How do we define success?
- Success will be achieved when basic questions
about environmental trends and pollution prevention can be
answered through a unified and user-friendly national system.
[Orum]
- EPA can't be all things to all people
but should focus on providing accurate, timely national data
with appropriate warnings about data comparisons. EPA should
work on giving citizens tools for understanding environmental
claims and recognizing disinformation.
- EPA should devise a national environmental
information action plan with long-term and short-term objectives,
and then specific projects and funding requests; partnerships
between EPA and state and local public libraries, and between
EPA, NGOs and industry are needed to put together projects.
- Regional environmental information action
plans would be a more effective focus. [Eklund]

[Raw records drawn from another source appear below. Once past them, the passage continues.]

-- ===== src/Reasoning.antt =====
-- reasoning.py and reasoning_stream.py: `ReasoningCollector`, the Anthropic block stream and the
-- Responses item stream. An event's JSON is a constructor with the fields that the code sets;
-- `json.dumps` of a tool's input is an argument. A block's index before the first block, -1 in the
-- source, is never read and stands as 0 here.
pub mod Collect
pub mod Protocol
pub mod Content
use ciallo_ms_365_open_ai_pr.Prelude.{
  ℕ, ◌+◌, Bool, true, false, not, ◌&&◌, Option, none, some, List, [], ◌∷◌, ◌++◌, if◌then◌else◌,
  ◌==◌,
}
use ciallo_ms_365_open_ai_pr.Prelude.Text.{Text, text_key, is_empty}
use ciallo_ms_365_open_ai_pr.Dict.{Dict, get, put}

pub record ReasoningDelta : Type 0 where
  pub item_id : Text
  pub text : Text

pub record Collector : Type 0 where
  pub items : Dict Text Text
  pub last_item_id : Option Text

abbrev pub collector : Collector
collector = record { items = []; last_item_id = none }

-- `"\n\n" if self._last_item_id is not None and event.item_id != self._last_item_id else ""`
unfoldable pub separator : Text → Option Text → Text
separator id none = []
separator id (some last) = if id == last then [] else 10 ∷ 10 ∷ []

-- `self.items.get(item_id, "")`
unfoldable pub collected : Text → Dict Text Text → Text
collected id items = elim (get id items) [ none ↦ [] | some text ↦ text ]

-- `ReasoningCollector.add`
unfoldable pub add : ReasoningDelta → Collector → Text × Collector
add delta c = (
  separator delta.item_id c.last_item_id ++ delta.text,
  record {
    items = put delta.item_id (collected delta.item_id c.items ++ delta.text) c.items;
    last_item_id = some delta.item_id;
  },
)

pub data Kind : Type 0 where
  thinking_block : Kind
  text_block : Kind

unfoldable pub same_kind : Kind → Option Kind → Bool
same_kind k none = false
same_kind thinking_block (some thinking_block) = true
same_kind thinking_block (some text_block) = false
same_kind text_block (some thinking_block) = false
same_kind text_block (some text_block) = true

pub data BlockEvent : Type 0 where
  block_start : ℕ → Kind → BlockEvent
  tool_start : ℕ → Text → Text → BlockEvent
  thinking_delta : ℕ → Text → BlockEvent
  text_delta : ℕ → Text → BlockEvent
  signature_delta : ℕ → Text → BlockEvent
  input_delta : ℕ → Text → BlockEvent
  block_stop : ℕ → BlockEvent

-- `AnthropicContentStream`
pub record ContentStream : Type 0 where
  pub next_index : ℕ
  pub index : ℕ
  pub kind : Option Kind
  pub reasoning : Collector

abbrev pub content_stream : ContentStream
content_stream = record { next_index = 0; index = 0; kind = none; reasoning = collector }

unfoldable pub closing : ℕ → Option Kind → List BlockEvent
closing index none = []
closing index (some thinking_block) = signature_delta index [] ∷ block_stop index ∷ []
closing index (some text_block) = block_stop index ∷ []

unfoldable pub close : ContentStream → List BlockEvent × ContentStream
close s = (closing s.index s.kind, record s { kind = none })

unfoldable pub start : Kind → ContentStream → List BlockEvent × ContentStream
start k s = if same_kind k s.kind then ([], s) else (
  (close s).0 ++ block_start s.next_index k ∷ [],
  record s { kind = some k; index = s.next_index; next_index = s.next_index + 1 },
)

unfoldable pub reasoning_event : ReasoningDelta → ContentStream → List BlockEvent × ContentStream
reasoning_event delta s =
    let opened = start thinking_block s in
    let added = add delta opened.1.reasoning in
    (
      opened.0 ++ thinking_delta opened.1.index added.0 ∷ [],
      record opened.1 { reasoning = added.1 },
    )

unfoldable pub text_event : Text → ContentStream → List BlockEvent × ContentStream
text_event text s =
    let opened = start text_block s in
    (opened.0 ++ (if is_empty text then [] else text_delta opened.1.index text ∷ []), opened.1)

-- `input` is the dumped input of the block.
unfoldable pub tool_event : Text → Text → Text → ContentStream → List BlockEvent × ContentStream
tool_event id name input s =
    let closed = close s in
    let i = closed.1.next_index in
    (
      closed.0 ++ tool_start i id name ∷ input_delta i input ∷ block_stop i ∷ [],
      record closed.1 { next_index = i + 1 },
    )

- Libraries are only part of the solution;
EPA needs to standardize the public participation process
to insure that citizens have accurate and timely data and
a chance to impact decisions.
- The discussion involved requests for
more funding, requests for more understandable data and requests
for more raw data. Industry will try to play off the second
goal against the third; librarians should know that lobbying
can influence EPA data distribution policies.
Library Capacity Building
- Libraries must serve the whole community,
but they lack the resources to serve a greater environmental
agenda.
- If libraries could bill the government
for printing costs when downloading online government documents,
then more libraries to serve as repositories for government
documents.
- EPA should collaborate with the National
Library of Medicine's Toxicology and Environmental Health
Information Program and the non-regulatory National Council
for Science and the Environment (NCSE), which focuses on improving
the scientific basis for environmental decision making.
- EPA and libraries could collaborate to
upgrade skills through courses for continuing education credits.
[Fox]
- Stakeholders need libraries that are
learning centers and gathering places. They need access to
the web and individuals they can trust to provide unbiased
research and education.
- Librarians could help EPA staff develop
better cataloguing methods for EPA's document collections.
Digital Divide
- ADA (American Disabilities Act) has imposed
a deadline on all governmental web sites that will make all
sites accessible to a text reader.
- Native American communities rely upon
printed matter from libraries, but such materials are often
out-of-date. Networking by phone, e-mail, fax and mail allows
tribes to share current information. The Internet has become
both a reference tool and a link between indigenous peoples
worldwide.
- Municipalities need to partner with other
entities to place computers in retail areas, police/fire departments,
schools and senior centers. [Eklund]
EPA's Web site
- A listserve should be established for
those interested in capacity building and participation.
- A dropdown online dictionary could make
it easier to obtain information from the EPA Web site.
- Old-fashioned reporting can yield information
when the EPA site is down, but this works best for those living
near EPA offices.
- Retired professionals could serve as
external reviewers for EPA's online data.
Let's Get Real and Data Gaps
- Yesterday a poster commented that EPA
risks its credibility by releasing data prematurely. A response
today pointed out that these fears are often overblown.
- The risks of disclosing confidential
business information must be taken into account before releasing
some data.
- The Envirofacts database now lacks locational
data, making mapping much harder. Air quality trend data from
the Cumulative Exposure Project has not been released.